ARLINGTON — If Taylor Swift is getting even a little bit tired, she didn’t show it.
The megastar brought the same fervor and spunk to her fifth performance on the “Eras Tour” Friday as if it were opening night. And the crowd — nearly 70,000 Swifties — matched her sky-high energy with a warm, Texas-sized welcome.
“Being back in Texas feels so good,” Swift said, drowning out screams and applause. “You’re making me feel phenomenal right now.”
The 3-hour concert was a marathon. But Swift, 33, a master of her craft and no stranger to sold-out stadiums, made night one of her three-show Arlington tour stop look like clockwork.
Word for word, a devout audience belted out a total of 44 songs spanning her 10-album discography.
Three of those albums have arrived since Swift’s “Lover Fest” tour was canceled in 2021 because of the COVID-19 pandemic. Swift has also rerecorded two older albums.
“It makes me feel like we have something more going on here because of how long we have been hanging out and singing in groups together and dancing in groups together,” she said.
Halfway through the whimsical third act “Evermore,” set in an evergreen forest, Swift paused, looked over her moss-covered piano and took out her earpiece to listen to the roaring fans before mouthing, “Oh, my God.
“I love this crowd,” she said. “I love this crowd.”
Swift has kept fans guessing what each night’s set list will bring by weaving “secret songs” into her shows. On Friday, she swapped out “invisible string” for “the 1″ from 2020′s folklore before launching into acoustic renditions of “Sad Beautiful Tragic” from Red, her award-winning rerecorded album, and “Ours” off Speak Now.
“Let it be said about the ‘Eras Tour’: We’re tricksy,” Swift said.
For attendees, the journey to get there was trouble, trouble, trouble: Some waited in snaking lines, others shelled out hundreds to thousands to secure their spots. All fought ticketing meltdowns and chaotic concert traffic.

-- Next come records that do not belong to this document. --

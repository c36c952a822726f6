-- ===== src/Gateway/Payload/Safe.antt =====
-- shared/gateway-dto.ts: `assertSafeGatewayPayload` admits safe payloads only.
use csboard_extension.Prelude.{ℕ, suc, ◌≤◌, ◌≡◌, refl, arith, All-append}
use csboard_extension.Prelude.Text.{Text}
use csboard_extension.Shared.Result.{ok, >>-eq-ok, throw_if-eq-ok}
use csboard_extension.Gateway.Payload.{
  Js, undefined, null, opaque, instance_of, bool, num, str, arr, obj, Items, nil, cons, Fields, end,
  field, max_validation_depth, visit_number, visit_entry, visit, visit_items, visit_fields,
}
use csboard_extension.Gateway.Payload.Contents.{
  keys_of, keys_of_items, keys_of_fields, strings_of, strings_of_items, strings_of_fields, nesting,
  is_plain, IsSafeKey, IsSafeString, IsSafe, AreSafe, AreSafeFields,
}

module _ {depth : ℕ} where
  AreSafe-cons :
      (entry : Js) (rest : Items)
      → IsSafe depth entry
      → AreSafe depth rest
      → AreSafe depth (cons entry rest)
  unfolding keys_of strings_of nesting is_plain
  AreSafe-cons entry rest head tail = record {
    shallow = omega (arith, head.shallow, tail.shallow);
    plain = ground (arith, head.plain, tail.plain);
    keys = All-append IsSafeKey (keys_of entry) (keys_of_items rest) head.keys tail.keys;
    strings =
        All-append IsSafeString (strings_of entry) (strings_of_items rest) head.strings
          tail.strings;
  }

  AreSafeFields-field :
      (key : Text) (entry : Js) (rest : Fields)
      → IsSafeKey key
      → IsSafe depth entry
      → AreSafeFields depth rest
      → AreSafeFields depth (field key entry rest)
  unfolding keys_of strings_of nesting is_plain
  AreSafeFields-field key entry rest allowed head tail = record {
    shallow = omega (arith, head.shallow, tail.shallow);
    plain = ground (arith, head.plain, tail.plain);
    keys =
        (allowed, All-append IsSafeKey (keys_of entry) (keys_of_fields rest) head.keys tail.keys);
    strings =
        All-append IsSafeString (strings_of entry) (strings_of_fields rest) head.strings
          tail.strings;
  }

mutual
  unfolding visit visit_number keys_of strings_of nesting is_plain visit_entry

  pub visit_sound : (value : Js) (depth : ℕ) → visit value depth ≡ ok tt → IsSafe depth value
  visit_sound null depth h = ground arith
  visit_sound (bool b) depth h = ground arith
  visit_sound (num n) depth h = ground arith
  visit_sound (str s) depth h = ground arith
  visit_sound (arr items) depth h =
      let (near, inside) = >>-eq-ok _ (visit_items items (suc depth)) h in
      let rest : AreSafe (suc depth) items =
        visit_items_sound items (suc depth) (ground arith) inside in
      record { shallow = omega arith; plain = rest.plain; keys = rest.keys; strings = rest.strings }
  visit_sound (obj fields) depth h =
      let (near, inside) = >>-eq-ok _ (visit_fields fields (suc depth)) h in
      let rest : AreSafeFields (suc depth) fields =
        visit_fields_sound fields (suc depth) (ground arith) inside in
      record { shallow = omega arith; plain = rest.plain; keys = rest.keys; strings = rest.strings }
  visit_sound undefined depth h = ground arith
  visit_sound (opaque type_of) depth h = ground arith
  visit_sound instance_of depth h = ground arith

  pub visit_items_sound :
      (items : Items) (depth : ℕ)
      → depth ≤ suc max_validation_depth
      → visit_items items depth ≡ ok tt
      → AreSafe depth items
  visit_items_sound nil depth near h = record {
    shallow = omega arith;
    plain = refl;
    keys = tt;
    strings = tt;
  }
  visit_items_sound (cons entry rest) depth near h =
      let (first, later) = >>-eq-ok (visit entry depth) (visit_items rest depth) h in
      AreSafe-cons entry rest (visit_sound entry depth first)
        (visit_items_sound rest depth near later)

  pub visit_fields_sound :
      (fields : Fields) (depth : ℕ)
      → depth ≤ suc max_validation_depth
      → visit_fields fields depth ≡ ok tt
      → AreSafeFields depth fields
  visit_fields_sound end depth near h = record {
    shallow = omega arith;
    plain = refl;
    keys = tt;
    strings = tt;
  }
  visit_fields_sound (field key entry rest) depth near h =
      let (before, later) = >>-eq-ok _ (visit_fields rest depth) h in
      let (named, first) = >>-eq-ok _ (visit entry depth) before in
      let (allowed, _) = >>-eq-ok _ (visit_entry entry) named in
      AreSafeFields-field key entry rest (throw_if-eq-ok _ _ allowed)
        (visit_sound entry depth first) (visit_fields_sound rest depth near later)
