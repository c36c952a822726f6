-- ===== src/Gateway/Payload/Complete.antt =====
-- shared/gateway-dto.ts: `assertSafeGatewayPayload` admits every safe payload, so it admits exactly
-- these.
use csboard_extension.Prelude.{
  ℕ, suc, ◌≤◌, ◌≡◌, refl, ◌↔◌, true, arith, All-append_left, All-append_right,
}
use mathlib.Core.Bool.{and-eq-true_iff}
use csboard_extension.Prelude.Text.{Text}
use csboard_extension.Shared.Result.{ok}
use csboard_extension.Gateway.Payload.{
  Js, undefined, null, opaque, instance_of, bool, num, str, arr, obj, Items, nil, cons, Fields, end,
  field, max_validation_depth, visit_depth, visit_number, visit_entry, visit, visit_items,
  visit_fields, assert_safe_gateway_payload,
}
use csboard_extension.Gateway.Payload.Contents.{
  keys_of, keys_of_items, keys_of_fields, strings_of, strings_of_items, strings_of_fields, nesting,
  is_plain, IsSafeKey, IsSafeString, IsSafe, AreSafe, AreSafeFields,
}
use csboard_extension.Gateway.Payload.Safe.{visit_sound}

visit_depth_near : (depth : ℕ) → depth ≤ max_validation_depth → visit_depth depth ≡ ok tt
visit_depth_near depth h = ground arith

module _ {depth : ℕ} where
  AreSafe-head : (entry : Js) (rest : Items) → AreSafe depth (cons entry rest) → IsSafe depth entry
  unfolding keys_of strings_of nesting is_plain
  AreSafe-head entry rest s = record {
    shallow = omega (arith, s.shallow);
    plain = ((and-eq-true_iff _ _).0 s.plain).0;
    keys = All-append_left IsSafeKey (keys_of entry) (keys_of_items rest) s.keys;
    strings = All-append_left IsSafeString (strings_of entry) (strings_of_items rest) s.strings;
  }

  AreSafe-tail : (entry : Js) (rest : Items) → AreSafe depth (cons entry rest) → AreSafe depth rest
  unfolding keys_of strings_of nesting is_plain
  AreSafe-tail entry rest s = record {
    shallow = omega (arith, s.shallow);
    plain = ((and-eq-true_iff _ _).0 s.plain).1;
    keys = All-append_right IsSafeKey (keys_of entry) (keys_of_items rest) s.keys;
    strings = All-append_right IsSafeString (strings_of entry) (strings_of_items rest) s.strings;
  }

  AreSafeFields-head :
      (key : Text) (entry : Js) (rest : Fields)
      → AreSafeFields depth (field key entry rest)
      → IsSafe depth entry
  unfolding keys_of strings_of nesting is_plain
  AreSafeFields-head key entry rest s = record {
    shallow = omega (arith, s.shallow);
    plain = ((and-eq-true_iff _ _).0 s.plain).0;
    keys = All-append_left IsSafeKey (keys_of entry) (keys_of_fields rest) s.keys.1;
    strings = All-append_left IsSafeString (strings_of entry) (strings_of_fields rest) s.strings;
  }

  AreSafeFields-tail :
      (key : Text) (entry : Js) (rest : Fields)
      → AreSafeFields depth (field key entry rest)
      → AreSafeFields depth rest
  unfolding keys_of strings_of nesting is_plain
  AreSafeFields-tail key entry rest s = record {
    shallow = omega (arith, s.shallow);
    plain = ((and-eq-true_iff _ _).0 s.plain).1;
    keys = All-append_right IsSafeKey (keys_of entry) (keys_of_fields rest) s.keys.1;
    strings = All-append_right IsSafeString (strings_of entry) (strings_of_fields rest) s.strings;
  }

visit_entry_plain : (entry : Js) → is_plain entry ≡ true → visit_entry entry ≡ ok tt
unfolding visit_entry is_plain
visit_entry_plain undefined h = cc
visit_entry_plain _ h = refl

mutual
  unfolding visit visit_number keys_of strings_of nesting is_plain

  visit_complete : (value : Js) (depth : ℕ) → IsSafe depth value → visit value depth ≡ ok tt
  visit_complete null depth s = visit_depth_near depth (omega (arith, s.shallow))
  visit_complete (bool b) depth s = visit_depth_near depth (omega (arith, s.shallow))
  visit_complete (num n) depth s = ground (arith, s.shallow, s.plain)
  visit_complete (str t) depth s =
      rw (visit_depth_near depth (omega (arith, s.shallow))) (s.strings.0)
  visit_complete (arr items) depth s = rw (visit_depth_near depth (omega (arith, s.shallow))) (
      visit_items_complete items (suc depth) (record {
        shallow = omega (arith, s.shallow);
        plain = s.plain;
        keys = s.keys;
        strings = s.strings;
      }))
  visit_complete (obj fields) depth s = rw (visit_depth_near depth (omega (arith, s.shallow))) (
      visit_fields_complete fields (suc depth) (record {
        shallow = omega (arith, s.shallow);
        plain = s.plain;
        keys = s.keys;
        strings = s.strings;
      }))
  visit_complete undefined depth s = cc (s.plain)
  visit_complete (opaque type_of) depth s = cc (s.plain)
  visit_complete instance_of depth s = cc (s.plain)

  visit_items_complete :
      (items : Items) (depth : ℕ) → AreSafe depth items → visit_items items depth ≡ ok tt
  visit_items_complete nil depth s = refl
  visit_items_complete (cons entry rest) depth s =
      rw (visit_complete entry depth (AreSafe-head entry rest s))
        (visit_items_complete rest depth (AreSafe-tail entry rest s))

  visit_fields_complete :
      (fields : Fields) (depth : ℕ) → AreSafeFields depth fields → visit_fields fields depth ≡ ok tt
  visit_fields_complete end depth s = refl
  visit_fields_complete (field key entry rest) depth s =
      let head : IsSafe depth entry = AreSafeFields-head key entry rest s in
      rw (s.keys.0, visit_entry_plain entry head.plain, visit_complete entry depth head)
        (visit_fields_complete rest depth (AreSafeFields-tail key entry rest s))

-- The scan admits a payload exactly when the payload holds no forbidden key at any depth, each of
-- its texts is short, without control characters and without a secret's pattern, it nests at most
-- 32 deep, and it is plain data with finite numbers.
pub assert-IsSafe_iff : (value : Js) → (assert_safe_gateway_payload value ≡ ok tt) ↔ IsSafe 0 value
unfolding assert_safe_gateway_payload
assert-IsSafe_iff value = (visit_sound value 0, visit_complete value 0)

But fans’ woes faded as AT&T Stadium transformed into their temple and Swift made her first concert appearance in North Texas since 2018, complete with upwards of a dozen bejeweled costume changes. Swifties came decked in their own blinged-out outfits, including recreations of her best-known looks and homages to her country music roots in the form of bedazzled cowboy hats and boots.
Gilliana Taylor, 19, traveled from New York for the show Friday. She donned a glittery pink dress and halo — a play off Swift’s lyric “angels roll their eyes” from the pop hit “Cruel Summer.”
“All of her songs are things I’ve gone through in my own life, so it feels like we’ve grown up together,” she said. “She’s always been there for me like a big sister. This is a really emotional night.”
Jasmine Smith drove from Oklahoma City. To Smith, Swift’s prevailing message is empowerment.
“Growing up, liking Taylor Swift was the thing you were made fun of for,” Smith, 25, said. “As I’ve gotten older … it’s more, ‘I can come into myself and I am who I am.’”
The show was an immersive experience. Fans were blanketed with sheer white confetti to realize a line — “I still remember the first fall of snow” — from “All Too Well” off Red. During “Bad Blood,” an angsty number about betrayal and soiled relationships, flames shot up from the stage.
Swift threw a hat and guitar pick into the audience, to the delight of those close to the stage. Strutting the entirety of the converted football field, she made sure to show love to the rest of the arena, too. During one of her early songs from Speak Now, she scanned the crowd — even in the nosebleeds — while singing, “I was enchanted to meet you.”
Swift closed the show with seven tracks from her most recent release, Midnights. The audience erupted as she bowed.
“Arlington, you have been the crowd of dreams,” she said.
Opening acts included Plano-born Gayle Rutherfurd, better known as GAYLE, who closed her short but amped-up set with her social media track turned breakthrough hit “abcdefu.”
She was followed by indie pop band MUNA, which dedicated one of its final songs, “I Know A Place,” to the queer and transgender community as the jumbo screen behind the band lit up in shades of pink, white and blue.